# Senco cordless collated screw guns? Also which RPM and torque for drywall is best?



## Deck (Apr 25, 2008)

I'm thinking about buying one of those screw guns that is an auto loader where you can put the strips in. I'm looking at the Senco cordless screw guns. I intend to use whatever I buy to secure drywall to wood (mostly).

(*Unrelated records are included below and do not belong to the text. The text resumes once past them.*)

-- ===== src/Convert/Provider/Specs.antt =====
-- The parameter specs that a v1beta1 provider is given in v1alpha1.
use mathlib.Core.Path.{subst}
use dbaas_operator.Prelude.{
  String, ◌≡◌, ◌≢◌, refl, true, false, Option, none, some, List, [], ◌∷◌, arith, ◌==◌, ◌||◌, sym,
  Bool-cases, eq_iff, Option-cases, is_empty, inl, inr, if◌then◌else◌,
}
use dbaas_operator.Prelude.GoMap.{GoMap, lookup, index, AllValues, lookup-AllValues}
use dbaas_operator.Api.V1alpha1.{InstanceParameterSpec}
use dbaas_operator.Api.V1beta1
use dbaas_operator.Api.V1beta1.{ProvisioningParameter}
use dbaas_operator.Convert.Names.{provider_fields_map, convert_name_to, convert_name_from}
use dbaas_operator.Convert.Names.Inverse.{convert_name_iff, convert_name_to_empty}
use dbaas_operator.Convert.Provider.{is_converted, spec_of, add_specs}
use dbaas_operator.Convert.Provider.Parameters.{last_spec}

abbrev IsConverted : GoMap String → Type 0
IsConverted m = AllValues (λ v. is_converted v ≡ true) m

provider_fields_map-IsConverted : AllValues IsConverted provider_fields_map
unfolding is_converted
provider_fields_map-IsConverted = ground arith

index-is_converted :
    (n : String) (m : GoMap String)
    → IsConverted m
    → (is_empty (index n m) || is_converted (index n m)) ≡ true
unfolding index
index-is_converted n m h = elim (Option-cases (lookup n m)) [
  | inl e ↦ rw (e, index) refl
  | inr (v, e) ↦
      rw (e, index) (ground (arith, lookup-AllValues (λ v. is_converted v ≡ true) n m v h e))
]

-- What a name is converted to is one of the four names of the switch.
convert_name_to-is_converted :
    (p n : String) → (is_empty (convert_name_to p n) || is_converted (convert_name_to p n)) ≡ true
unfolding convert_name_to
convert_name_to-is_converted p n = elim (Option-cases (lookup p provider_fields_map)) [
  | inl e ↦ rw (e, convert_name_to) refl
  | inr (m, e) ↦
      rw (e, convert_name_to)
        (index-is_converted n m
          (lookup-AllValues IsConverted p provider_fields_map m provider_fields_map-IsConverted e))
]

pub is_converted-non_empty : (k : String) → is_converted k ≡ true → k ≢ ""
unfolding is_converted
is_converted-non_empty k h e = ground (arith, subst (λ j. is_converted j ≡ true) e h)

-- No name is converted to the plan.
pub convert_name_to-plan :
    (p n : String) → (V1beta1.provisioning_plan == convert_name_to p n) ≡ false
unfolding is_converted
convert_name_to-plan p n = ground (
  arith,
  eq_iff V1beta1.provisioning_plan (convert_name_to p n),
  λ (e : V1beta1.provisioning_plan ≡ convert_name_to p n).
      subst (λ k. (is_empty k || is_converted k) ≡ true) (sym e) (convert_name_to-is_converted p n),
)

-- The first spec of that name.
unfoldable pub find_spec : String → List InstanceParameterSpec → Option InstanceParameterSpec
find_spec n [] = none
find_spec n (v ∷ specs) = if v.name == n then some v else find_spec n specs

abbrev pub spec_or : String → Option ProvisioningParameter → Option InstanceParameterSpec
spec_or n none = none
spec_or n (some v) = some (spec_of n v)

pub find_spec-add_specs :
    (p n : String) (m : GoMap ProvisioningParameter)
    → is_empty (convert_name_to p n) ≡ false
    → n ≢ ""
    → find_spec n (add_specs p m) ≡ spec_or n (lookup (convert_name_to p n) m)
unfolding find_spec add_specs lookup
find_spec-add_specs p n [] h hn = refl
find_spec-add_specs p n ((k, v) ∷ m) h hn =
    let ih = find_spec-add_specs p n m h hn in
    let agree = convert_name_to-is_converted p n in
    elim (Bool-cases (is_converted k)) [
      | inl e ↦ rw e (
          ground (
            arith,
            ih,
            convert_name_iff p n k hn (is_converted-non_empty k e),
            eq_iff k (convert_name_to p n),
            eq_iff (convert_name_from p k) n,
          ))
      | inr e ↦ rw e (ground (arith, ih, agree, eq_iff k (convert_name_to p n)))
    ]

-- The last spec of that name.
unfoldable pub last_named : String → List InstanceParameterSpec → Option InstanceParameterSpec
last_named n [] = none
last_named n (v ∷ specs) = elim (last_named n specs) [
  | some w ↦ some w
  | none ↦ if v.name == n then some v else none
]

pub last_spec-last_named :
    (p n : String) (specs : List InstanceParameterSpec)
    → is_empty (convert_name_to p n) ≡ false
    → n ≢ ""
    → last_spec p (convert_name_to p n) specs ≡ last_named n specs
unfolding last_spec last_named
last_spec-last_named p n [] h hn = refl
last_spec-last_named p n (v ∷ specs) h hn =
    let k = convert_name_to p n in
    ground (
      arith,
      last_spec-last_named p n specs h hn,
      convert_name_iff p v.name k,
      convert_name_iff p n k hn,
      convert_name_to_empty p,
      eq_iff (convert_name_to p v.name) k,
      eq_iff v.name n,
      eq_iff v.name "",
      eq_iff k "",
    )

My confusion comes from all the different models and specifications. The one I am looking at, the DS205-14V, has the highest RPM but a lower torque rating. I'm looking at this one primarily because I can get it used. Here's a list of Senco's 14V guns with torque ratings:

DS162-14V: 4000 rpm; Torque 25 in-lbs
DS200-14V: 2300 rpm; Torque 37 in-lbs
DS202-14V: 2300 rpm; Torque 43 in-lbs
DS205-14V: 4000 rpm; Torque 28 in-lbs

Can someone break this down for me, what the differences are and what are best? Also any other differences in the Senco guns as well. Anything drywall cordless collated rpm torque etc is welcome, I'm just looking for some info on these things. I searched the web but I can't find good comparisons between these guns and also the ideal rpm and torque. Thanks


----------



## joecaption (Nov 30, 2011)

Do you do drywall as a business of is this for a one time job?


----------



## mbryan (Apr 10, 2011)

What are you securing the drywall too?

Why are you wanting a collated gun instead of a normal gun?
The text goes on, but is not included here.